Enquanto fazia sustentação oral no Plenário do Supremo Tribunal Federal em defesa do ex-tesoureiro do PT Delúbio Soares, o criminalista Arnaldo Malheiros Filho voltou-se para o ministro Marco Aurélio Mello e disse: "Eu não quero uma escritura pública, eu não quero uma confissão, mas o mínimo de prova tem que haver".

Malheiros estava se referindo à entrevista do ministro publicada ontem pelo Estado na qual Marco Aurélio declarou que, para a condenação de acusados por corrupção, como o ex-ministro José Dirceu, não há necessidade de prova cabal.

"O que é que vai querer em termos de provas (de corrupção)? Uma carta? Confissão espontânea? É muito difícil você ter uma confissão espontânea. Você tem confissão espontânea de ladrão de galinha. Agora, do traficante ou de um delito mais grave, não tem. Só se partir para a escritura pública", disse Marco Aurélio.

"Os ministros têm as opiniões deles. Eu quero ver essas opiniões traduzidas em decisões nos autos", disse outro criminalista, Luiz Fernando Pacheco, que defende o ex-presidente do PT, José Genoino.

O jurista Christiano Santos, doutor em direito penal da PUC-SP, disse que, mesmo sem ato de ofício, já se caracteriza o crime de corrupção. Ele destaca, porém, que não há jurisprudência definida. "Para qualquer condenação é preciso comprovação dos fatos. Agora, o crime de corrupção é formal, porque não exige a produção de resultado material, ou seja, que se pratique ou não o ato de ofício depois", explicou. "O crime já está cometido ao oferecer, solicitar ou receber vantagem."

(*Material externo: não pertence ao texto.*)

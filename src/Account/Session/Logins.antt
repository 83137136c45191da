-- ===== src/Account/Session/Logins.antt =====
-- AccountSession: what a login that succeeds leaves in the store, and what one whose connection
-- fails leaves in memory.
use mathlib.Core.Path.{subst}
use jitong_app.Base.{
  ℕ, ◌<◌, ◌≡◌, ◌≢◌, refl, sym, ap, ◌∙◌, Bool, true, false, Bytes, ◌==◌, arith, Bool-cases, inl, inr,
}
use jitong_app.Account.Types.{AccountState, AuthError}
use jitong_app.Account.State.{Machine}
use jitong_app.Account.Machine.{
  on_auth_failed, on_auth_succeeded, request_password_login, request_login, on_connected,
  transition_to, in_flight,
}
use jitong_app.Account.Machine
use jitong_app.Account.TokenManager.{
  Store, TokenManager, TokenSession, adopt, persist, settle, apply_atomically, load_from_store, new,
}
use jitong_app.Account.TokenManager.Restore.{IsStorable, load_from_store-adopt}
use jitong_app.Account.Session.{Session, Call, AuthResult}
use jitong_app.Account.Session.Actions.{
  follow, generation_of, run_action, run_list, run_depth, run_actions,
}
use jitong_app.Account.Session.Intents.{
  session_of, logged_in, on_login_result, start_with_password, on_connect_result, map_login_error,
}

-- The plain actions of a login's end change neither the tokens nor the machine.
tokens-run :
    (x : Call) (generation user : ℕ) (s : Session) (m : Machine)
    → (follow (run_actions x) s (on_auth_succeeded generation user m)).tokens ≡ s.tokens
unfolding on_auth_succeeded transition_to run_depth run_list run_action
tokens-run x generation user s m = ground arith

tokens-failed :
    (x : Call) (generation : ℕ) (error : AuthError) (s : Session) (m : Machine)
    → (follow (run_actions x) s (on_auth_failed generation error m)).machine
      ≡ (on_auth_failed generation error m).0
unfolding on_auth_failed transition_to run_depth run_list run_action
tokens-failed x generation error s m = ground arith

on_auth_failed_state :
    (generation : ℕ) (error : AuthError) (m : Machine)
    → m.state ≡ AccountState.authenticating
    → (on_auth_failed generation error m).0.state ≢ AccountState.authenticated
unfolding on_auth_failed transition_to
on_auth_failed_state generation error m h = ground (arith, h)

adopt_refused : (t : TokenSession) (m : TokenManager) → (adopt false t m).1 ≡ false
unfolding adopt persist settle apply_atomically
adopt_refused t m = refl

failed_state :
    (x : Call) (generation : ℕ) (error : AuthError) (s t : Session)
    → s.machine.state ≡ AccountState.authenticating
    → (follow (run_actions x) t (on_auth_failed generation error s.machine)).machine.state
      ≢ AccountState.authenticated
failed_state x generation error s t h e =
    on_auth_failed_state generation error s.machine h
      (ap (λ (m : Machine). m.state) (sym (tokens-failed x generation error t s.machine)) ∙ e)

logged_in_lem :
    (x : Call) (generation user : ℕ) (s : Session) (r : TokenManager × Bool)
    → s.machine.state ≡ AccountState.authenticating
    → (logged_in x generation user s r).machine.state ≡ AccountState.authenticated
    → ((logged_in x generation user s r).tokens.store ≡ r.0.store) × (r.1 ≡ true)
logged_in_lem x generation user s (tokens, true) h e =
    let t : Session = record s { tokens = tokens } in
    (ap (λ (m : TokenManager). m.store) (tokens-run x generation user t s.machine), refl)
logged_in_lem x generation user s (tokens, false) h e =
    absurd (failed_state x generation AuthError.internal s (record s { tokens = tokens }) h e)

logged_in-adopt :
    (accepts : Bool) (x : Call) (generation user : ℕ) (s : Session) (t : TokenSession)
    → s.machine.state ≡ AccountState.authenticating
    → (logged_in x generation user s (adopt accepts t s.tokens)).machine.state
      ≡ AccountState.authenticated
    → (logged_in x generation user s (adopt accepts t s.tokens)).tokens.store
      ≡ (adopt true t s.tokens).0.store
logged_in-adopt true x generation user s t h e =
    (logged_in_lem x generation user s (adopt true t s.tokens) h e).0
logged_in-adopt false x generation user s t h e =
    cc
      (adopt_refused t s.tokens, (logged_in_lem x generation user s (adopt false t s.tokens) h e).1)

store-on_login_result :
    (x : Call) (result : ℕ) (r : AuthResult) (requested : ℕ) (s : Session)
    → s.machine.state ≡ AccountState.authenticating
    → (on_login_result x result r requested s).machine.state ≡ AccountState.authenticated
    → (on_login_result x result r requested s).tokens.store
      ≡ (adopt true (session_of s.account r) s.tokens).0.store
unfolding on_login_result
store-on_login_result x result r requested s h e =
    let generation = generation_of requested s in
    elim (Bool-cases (generation == s.machine.generation)) [
      | inr n ↦ cc (h, rw n at e)
      | inl n ↦ elim (Bool-cases (result == 0)) [
        | inr z ↦ absurd (failed_state x generation (map_login_error result) s s h (rw (n, z) at e))
        | inl z ↦
            rw (n, z)
              (logged_in-adopt x.accepts x generation r.user_id s (session_of s.account r) h
                (rw (n, z) at e))
      ]
    ]

-- A login that brought the account from authenticating to authenticated has its tokens in the
-- store: a new token manager on that store, as after a restart, loads the account with the session
-- of the answer and no pending refresh. The answer has no empty field, its times are positive 64-bit
-- numbers, and its refresh token has not expired at the time of the load.
pub load_from_store-on_login_result :
    (x : Call) (result : ℕ) (r : AuthResult) (requested : ℕ) (s : Session) (accepts : Bool)
    (now skew : ℕ)
    → let after = on_login_result x result r requested s in
      let session = session_of s.account r in
      let fresh = new after.tokens.store skew in
      s.machine.state ≡ AccountState.authenticating
      → after.machine.state ≡ AccountState.authenticated
      → IsStorable session
      → now < r.refresh_expire_at
      → load_from_store accepts s.account now fresh ≡ (record fresh { session = session }, true)
load_from_store-on_login_result x result r requested s accepts now skew h e k t =
    let session = session_of s.account r in
    subst
      (λ (store : Store).
        load_from_store accepts s.account now (new store skew)
        ≡ (record (new store skew) { session = session }, true))
      (sym (store-on_login_result x result r requested s h e))
      (load_from_store-adopt session s.tokens accepts now skew k t)

start_with_password_lem :
    (x : Call) (account password : Bytes) (s : Session)
    → in_flight s.machine ≡ false
    → ((start_with_password x account password s).1 == 0) ≡ false
    → let t = (start_with_password x account password s).0 in
      (t.machine.state ≡ AccountState.authenticating)
      × (t.machine.auto_reconnect_allowed ≡ true)
      × (t.pending_password ≡ password)
unfolding start_with_password request_password_login request_login transition_to run_depth run_list
    run_action
start_with_password_lem x account password s h n = ground arith

connection_failed :
    (x : Call) (t : Session)
    → t.machine.state ≡ AccountState.authenticating
    → t.machine.auto_reconnect_allowed ≡ true
    → ((on_connect_result x false t).machine.state ≡ AccountState.logged_out)
      × ((on_connect_result x false t).pending_password ≡ t.pending_password)
unfolding on_connect_result Machine.on_disconnected transition_to run_depth run_list run_action
connection_failed x t a b = ground arith

-- A password login whose connection fails is over: the account is logged out. The password that the
-- session holds for it is still there. No authentication was in flight, and the login got an
-- operation id.
pub pending_password-on_connect_result :
    (x x' : Call) (account password : Bytes) (s : Session)
    → let started = start_with_password x account password s in
      let after = on_connect_result x' false started.0 in
      in_flight s.machine ≡ false
      → (started.1 == 0) ≡ false
      → (after.machine.state ≡ AccountState.logged_out) × (after.pending_password ≡ password)
pending_password-on_connect_result x x' account password s h n =
    let a = start_with_password_lem x account password s h n in
    let b = connection_failed x' (start_with_password x account password s).0 a.0 a.1 in
    (b.0, b.1 ∙ a.2)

Para outros juristas, as declarações de Marco Aurélio soam como antecipação de voto, o que poderia abrir caminho para arguição de seu impedimento nos autos do mensalão. "Ele (Marco Aurélio) não deveria ficar falando durante o julgamento, falando inclusive no mérito, porque a manifestação foi de mérito", observou o advogado Luiz Flávio Gomes, juiz aposentado. Para ele, o ministro descumpriu a Lei Orgânica da Magistratura, que proíbe magistrado de comentar o caso que vai julgar. "Corre o risco de ser impugnado como parcial", afirmou.

"Um ministro não pode falar exatamente sobre aquilo que é objeto principal na área criminal, o exame da prova.", disse o jurista Walter Fanganiello Maierovitch. "Ao falar da prova cabal, o ministro caiu na impossibilidade de votar, de alguma forma ele antecipou alguma coisa fora de hora."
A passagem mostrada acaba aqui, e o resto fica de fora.